REQUIREMENT:
From the records below, print exactly the lines starting at the one containing "arp_found-Alike f none net q = (refl, refl)" and ending at the one containing "(num == htons", ends included, and nothing else.

(Collected data)
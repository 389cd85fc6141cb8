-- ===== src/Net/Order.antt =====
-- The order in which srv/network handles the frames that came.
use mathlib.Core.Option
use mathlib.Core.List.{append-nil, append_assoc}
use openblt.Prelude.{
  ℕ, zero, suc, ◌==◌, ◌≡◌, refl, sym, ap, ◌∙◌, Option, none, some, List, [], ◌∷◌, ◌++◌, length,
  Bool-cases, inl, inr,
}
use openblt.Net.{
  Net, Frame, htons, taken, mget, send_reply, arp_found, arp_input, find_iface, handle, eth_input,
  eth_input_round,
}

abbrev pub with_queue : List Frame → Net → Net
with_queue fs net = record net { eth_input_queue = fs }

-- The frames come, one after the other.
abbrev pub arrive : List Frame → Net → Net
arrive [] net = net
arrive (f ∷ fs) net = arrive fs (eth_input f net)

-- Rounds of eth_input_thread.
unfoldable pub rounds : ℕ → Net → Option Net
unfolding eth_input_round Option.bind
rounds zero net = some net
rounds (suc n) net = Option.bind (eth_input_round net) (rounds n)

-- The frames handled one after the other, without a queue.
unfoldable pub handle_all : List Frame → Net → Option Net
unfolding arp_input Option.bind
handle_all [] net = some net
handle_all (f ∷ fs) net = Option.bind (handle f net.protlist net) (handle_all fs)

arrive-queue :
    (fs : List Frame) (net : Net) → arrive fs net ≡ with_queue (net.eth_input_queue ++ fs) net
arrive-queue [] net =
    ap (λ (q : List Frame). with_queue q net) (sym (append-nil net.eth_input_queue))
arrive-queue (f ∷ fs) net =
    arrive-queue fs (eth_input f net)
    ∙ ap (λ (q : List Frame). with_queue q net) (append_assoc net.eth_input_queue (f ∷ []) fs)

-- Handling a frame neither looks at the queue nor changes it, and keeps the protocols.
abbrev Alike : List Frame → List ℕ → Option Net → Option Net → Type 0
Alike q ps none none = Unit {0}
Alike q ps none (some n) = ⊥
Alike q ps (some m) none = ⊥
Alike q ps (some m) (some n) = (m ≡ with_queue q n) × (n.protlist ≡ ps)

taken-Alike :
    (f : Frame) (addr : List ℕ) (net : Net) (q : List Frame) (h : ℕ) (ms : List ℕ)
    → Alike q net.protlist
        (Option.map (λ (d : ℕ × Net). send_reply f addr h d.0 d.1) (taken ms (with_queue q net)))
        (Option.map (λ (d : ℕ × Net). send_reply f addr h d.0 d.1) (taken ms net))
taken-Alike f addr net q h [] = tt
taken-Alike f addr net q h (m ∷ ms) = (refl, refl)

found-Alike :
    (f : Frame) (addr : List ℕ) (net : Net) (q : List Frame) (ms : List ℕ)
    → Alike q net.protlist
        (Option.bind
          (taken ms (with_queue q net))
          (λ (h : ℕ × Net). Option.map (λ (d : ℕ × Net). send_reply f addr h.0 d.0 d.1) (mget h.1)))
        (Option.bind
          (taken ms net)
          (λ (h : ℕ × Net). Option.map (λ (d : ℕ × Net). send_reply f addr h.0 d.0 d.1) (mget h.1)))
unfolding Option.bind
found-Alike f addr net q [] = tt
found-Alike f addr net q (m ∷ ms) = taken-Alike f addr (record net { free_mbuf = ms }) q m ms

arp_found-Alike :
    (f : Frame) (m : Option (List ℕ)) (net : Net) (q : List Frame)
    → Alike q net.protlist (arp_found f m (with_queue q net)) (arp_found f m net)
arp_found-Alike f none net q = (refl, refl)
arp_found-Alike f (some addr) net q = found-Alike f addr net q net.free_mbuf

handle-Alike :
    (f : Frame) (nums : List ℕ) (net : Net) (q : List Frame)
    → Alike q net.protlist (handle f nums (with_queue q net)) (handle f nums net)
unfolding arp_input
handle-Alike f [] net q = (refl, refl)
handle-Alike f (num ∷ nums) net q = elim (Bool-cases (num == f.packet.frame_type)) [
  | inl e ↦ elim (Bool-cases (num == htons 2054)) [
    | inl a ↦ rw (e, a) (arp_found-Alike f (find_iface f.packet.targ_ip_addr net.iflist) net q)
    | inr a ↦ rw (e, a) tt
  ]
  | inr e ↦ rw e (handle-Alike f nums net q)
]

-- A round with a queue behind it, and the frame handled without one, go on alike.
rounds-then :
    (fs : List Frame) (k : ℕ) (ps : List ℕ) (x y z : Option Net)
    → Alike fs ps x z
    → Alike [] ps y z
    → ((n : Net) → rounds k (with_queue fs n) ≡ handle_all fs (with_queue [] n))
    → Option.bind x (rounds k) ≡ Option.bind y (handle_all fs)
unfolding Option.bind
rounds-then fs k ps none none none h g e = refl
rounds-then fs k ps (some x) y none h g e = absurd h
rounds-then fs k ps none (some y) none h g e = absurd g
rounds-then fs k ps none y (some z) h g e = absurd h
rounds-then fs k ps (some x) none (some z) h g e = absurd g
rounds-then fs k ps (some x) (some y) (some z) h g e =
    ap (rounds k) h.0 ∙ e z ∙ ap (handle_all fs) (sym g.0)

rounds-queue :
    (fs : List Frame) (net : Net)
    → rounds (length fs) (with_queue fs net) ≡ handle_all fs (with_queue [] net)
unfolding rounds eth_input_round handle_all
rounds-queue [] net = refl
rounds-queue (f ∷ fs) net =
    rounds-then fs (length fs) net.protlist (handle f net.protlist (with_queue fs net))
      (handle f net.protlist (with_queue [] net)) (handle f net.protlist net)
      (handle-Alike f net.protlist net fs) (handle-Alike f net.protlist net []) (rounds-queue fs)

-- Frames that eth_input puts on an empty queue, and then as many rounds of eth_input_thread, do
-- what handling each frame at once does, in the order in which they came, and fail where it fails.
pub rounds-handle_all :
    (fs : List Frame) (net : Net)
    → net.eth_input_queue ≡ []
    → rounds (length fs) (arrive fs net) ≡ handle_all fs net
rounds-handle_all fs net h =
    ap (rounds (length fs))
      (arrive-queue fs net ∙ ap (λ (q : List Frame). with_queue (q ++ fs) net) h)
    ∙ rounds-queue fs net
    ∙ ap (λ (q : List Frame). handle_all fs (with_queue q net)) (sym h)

SOLUTION TO THE PROBLEM:
arp_found-Alike f none net q = (refl, refl)
arp_found-Alike f (some addr) net q = found-Alike f addr net q net.free_mbuf

handle-Alike :
    (f : Frame) (nums : List ℕ) (net : Net) (q : List Frame)
    → Alike q net.protlist (handle f nums (with_queue q net)) (handle f nums net)
unfolding arp_input
handle-Alike f [] net q = (refl, refl)
handle-Alike f (num ∷ nums) net q = elim (Bool-cases (num == f.packet.frame_type)) [
  | inl e ↦ elim (Bool-cases (num == htons 2054)) [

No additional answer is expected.